Adeeba snapped awake. Thankfully, she’d slept in her clothes. One hand picked up her pistol from where she’d placed it beside her mattress, the other grabbed for her emergency pack and slung it over her shoulder. Frandsen, unsurprisingly, was already awake. The Marine managed to look disgustingly alert, despite the hour.
“Joy,” Adeeba muttered. A glance at her watch told her that it was three in the morning. “What happened?”
“Someone probably got caught,” Gaunt said. She turned and strode towards the door. “The imps would have made them talk, then killed them. If that person had an inkling of this base’s location…”
Adeeba could fill in the rest. The imps had taken longer than she’d expected to realise that there was a coordinated sabotage campaign underway on Earth. but once they’d cottoned on they’d started to tighten security and start hunting for underground bases. Security forces had been sweeping the lower levels, while new procedures had forced underground agents to go silent in the hopes of evading detection. Earth was the one world where the imps couldn’t risk excessive brutality, but they seemed mad enough not to care.
Gaunt led them out the door and down a long concrete corridor. Adeeba felt her ears pop as the air pressure changed suddenly, then winced as they reached a solid wall. Gaunt snorted at her and pressed her hand against a certain place. There was a clicking noise and the wall moved out of their way, allowing them to step through into the next section. Inside, there was a long metallic pipe heading into the darkness.
“Take these,” Gaunt said, opening a hidden compartment and producing a handful of night-vision goggles. “Do you know how to swim?”
Adeeba blinked in surprise. “Swim?”
“We need to swim further on,” Gaunt said. The ground shook, suddenly. “And if you don’t know, I suggest you get ready to learn.”
“I can swim,” Adeeba said. She’d learned at the academy, along with a number of other skills she’d deemed useless in space. “But why…?”
“Officially, this complex ends here,” Gaunt said. “Unofficially, there’s a link between this one and the next. But only if you can swim.”

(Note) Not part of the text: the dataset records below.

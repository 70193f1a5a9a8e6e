-- ===== src/Syscall/Ends.antt =====
-- How a system call of interrupts.cpp ends, and what it may do to user memory.
use venom_os.Base.{
  ◌≢◌, ℕ, ◌^◌, ◌==◌, ◌≡◌, ◌≤◌, ◌<◌, ◌⊎◌, if◌then◌else◌, none, some, refl, ◌∙◌, ap, arith, inl, inr,
  Bool-cases, Option-cases, List, length,
}
use venom_os.Base.Memory.{u32}
use venom_os.Task.{sleep_current, is_current, max_tasks}
use venom_os.Task.Life.{with_table}
use venom_os.Task.Life.Family.{Siblings}
use venom_os.Task.Life.Exit.{exit_current-ends}
use venom_os.Syscall.{
  System, InterruptFrame, Outcome, Handled, answer, with_kernel, left_with, do_exit, do_sleep,
  own_pid, own_parent_pid, handle_syscall, sys_error, sys_getpid, sys_getppid, sys_uptime, sys_read,
  sys_filesize, sys_readfile, sys_exit, sys_write, sys_sleep,
}
use venom_os.Syscall.Copies.{IsGuarded, MayWrite}
use venom_os.Syscall.Guard.{
  do_read-IsGuarded, do_filesize-IsGuarded, do_readfile-IsGuarded, do_write-IsGuarded,
}

-- The ways in which a call may end: SYS_EXIT ends the caller, the others return, and SYS_SLEEP may let
-- another task run.
pub data EndsAs (number : ℕ) (h : Handled) (after : System) : Type 0 where
  returned : (rax : ℕ) → number ≢ sys_exit → h ≡ Handled.returns rax after → EndsAs number h after
  left : number ≡ sys_exit → h ≡ Handled.leaves after → EndsAs number h after
  switched : number ≡ sys_sleep → h ≡ Handled.switches 0 after → EndsAs number h after

-- The call has ended, and every byte of user memory is as before or the process could write it itself.
pub record IsHandled (number : ℕ) (s : System) (h : Handled) : Type 0 where
  pub after : System
  pub ends : EndsAs number h after
  pub kept : (a : ℕ) → (after.user a ≡ s.user a) ⊎ MayWrite s a

answer-IsHandled :
    (number : ℕ) (s : System) (o : Outcome)
    → number ≢ sys_exit
    → IsGuarded s o
    → IsHandled number s (answer o)
answer-IsHandled number s o other g = record {
  after = g.after;
  ends = EndsAs.returned g.rax other (ap answer g.ends);
  kept = g.kept;
}

returns-IsHandled :
    (number rax : ℕ) (s : System) → number ≢ sys_exit → IsHandled number s (Handled.returns rax s)
returns-IsHandled number rax s other = record {
  after = s;
  ends = EndsAs.returned rax other refl;
  kept = λ a. inl refl;
}

do_exit-IsHandled :
    (number rdi : ℕ) (slots : List ℕ) (s : System)
    → ((c : ℕ)
        → s.kernel.table.current_index ≡ some c
        → Siblings s.kernel.table (s.kernel.table.tasks c).first_child slots)
    → length slots ≤ max_tasks
    → number ≡ sys_exit
    → IsHandled number s (do_exit rdi s)
do_exit-IsHandled number rdi slots s children le exits =
    let (k, e) = exit_current-ends (u32 rdi) slots s.kernel children le in
    record {
      after = with_kernel k s;
      ends = EndsAs.left exits (ap (λ o. left_with o s) e);
      kept = λ a. inl refl;
    }

do_sleep-IsHandled :
    (number rdi : ℕ) (s : System) → number ≡ sys_sleep → IsHandled number s (do_sleep rdi s)
do_sleep-IsHandled number rdi s sleeps =
    let s' = with_kernel (with_table (sleep_current s.timer_ticks rdi) s.kernel) s in
    record {
      after = s';
      ends = elim (Option-cases s.kernel.table.current_index) [
        | inl idle ↦ EndsAs.returned 0 (omega arith) (
            ap
              (λ o. elim o [
                | none ↦ Handled.returns 0 s'
                | some c ↦
                    if is_current s'.kernel.table.current_index c
                    then Handled.returns 0 s'
                    else Handled.switches 0 s'
              ])
              idle)
        | inr (c, cur) ↦
            let pick =
              ap
                (λ o. elim o [
                  | none ↦ Handled.returns 0 s'
                  | some c ↦
                      if is_current s'.kernel.table.current_index c
                      then Handled.returns 0 s'
                      else Handled.switches 0 s'
                ])
                cur in
            elim (Bool-cases (is_current s'.kernel.table.current_index c)) [
              | inl stays ↦ EndsAs.returned 0 (omega arith) (pick ∙ (rw stays refl))
              | inr moves ↦ EndsAs.switched sleeps (pick ∙ (rw moves refl))
            ]
      ];
      kept = λ a. inl refl;
    }

-- Every system call, of every number and with any registers, ends when the calling task's children, if it
-- calls SYS_EXIT, are a list in which each occurs once, of at most `max_tasks`: SYS_EXIT ends the caller,
-- every other call returns, and SYS_SLEEP may let another task run before it does. The call changes no
-- byte of user memory that the calling process could not write itself: each is as before, or its page is
-- open to the user for writing in the page tables at the time of the call.
pub handle_syscall-IsHandled :
    (f : InterruptFrame) (slots : List ℕ) (s : System)
    → f.rsi < 2 ^ 64
    → f.rdx < 2 ^ 64
    → (f.rax ≡ sys_exit
        → (c : ℕ) → s.kernel.table.current_index ≡ some c
        → Siblings s.kernel.table (s.kernel.table.tasks c).first_child slots)
    → length slots ≤ max_tasks
    → IsHandled f.rax s (handle_syscall f s)
unfolding handle_syscall
handle_syscall-IsHandled f slots s hsi hdx children le =
    first sys_getpid (λ e. returned (own_pid s) (omega arith))
      (λ n1.
        first sys_getppid (λ e. returned (own_parent_pid s) (omega arith))
          (λ n2.
            first sys_uptime (λ e. returned s.timer_ticks (omega arith))
              (λ n3.
                first sys_read
                  (λ e. answered (omega arith) (do_read-IsGuarded f.rdi f.rsi f.rdx s hsi))
                  (λ n4.
                    first sys_filesize (λ e. answered (omega arith) (do_filesize-IsGuarded f.rdi s))
                      (λ n5.
                        first sys_readfile
                          (λ e.
                            answered (omega arith)
                              (do_readfile-IsGuarded f.rdi f.rsi f.rdx s hsi hdx))
                          (λ n6.
                            first sys_exit
                              (λ e. do_exit-IsHandled f.rax f.rdi slots s (children e) le e)
                              (λ stays.
                                first sys_write
                                  (λ e. answered stays (do_write-IsGuarded f.rdi f.rsi s))
                                  (λ n7.
                                    first sys_sleep (λ e. do_sleep-IsHandled f.rax f.rdi s e)
                                      (λ n8. returned sys_error stays)))))))))
  where
    answered : {o : Outcome} → f.rax ≢ sys_exit → IsGuarded s o → IsHandled f.rax s (answer o)
    answered {o} other g = answer-IsHandled f.rax s o other g

    returned : (rax : ℕ) → f.rax ≢ sys_exit → IsHandled f.rax s (Handled.returns rax s)
    returned rax other = returns-IsHandled f.rax rax s other

    first :
        (number : ℕ) {yes_case no_case : Handled}
        → (f.rax ≡ number → IsHandled f.rax s yes_case)
        → (f.rax ≢ number → IsHandled f.rax s no_case)
        → IsHandled f.rax s (if f.rax == number then yes_case else no_case)
    first number {yes_case} {no_case} g h = elim (Bool-cases (f.rax == number)) [
      | inl this ↦ rw this (g (ground arith))
      | inr other ↦ rw other (h (ground arith))
    ]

The ground shook, again. “And they’re on their way,” she added. “Some of our people are going to sell their lives dearly. I just wish I was with them now.”
The lower levels of the city had always given Lieutenant Jackson Robertson the creeps. It was impossible to tell that humans had once lived there, not when the area was damp, smelly and largely abandoned. Sure, there were people who eked out an existence in the lower levels, but he couldn’t understand how they could bear to live like that. But their presence provided cover for the underground…
“Sweep carefully,” he ordered, as the Blackshirts led the way into the complex. The charts they’d downloaded before commencing the raid were inaccurate, they’d already discovered the hard way. Someone had been changing the interior of the complex, redesigning it to suit themselves. “And watch out for traps.”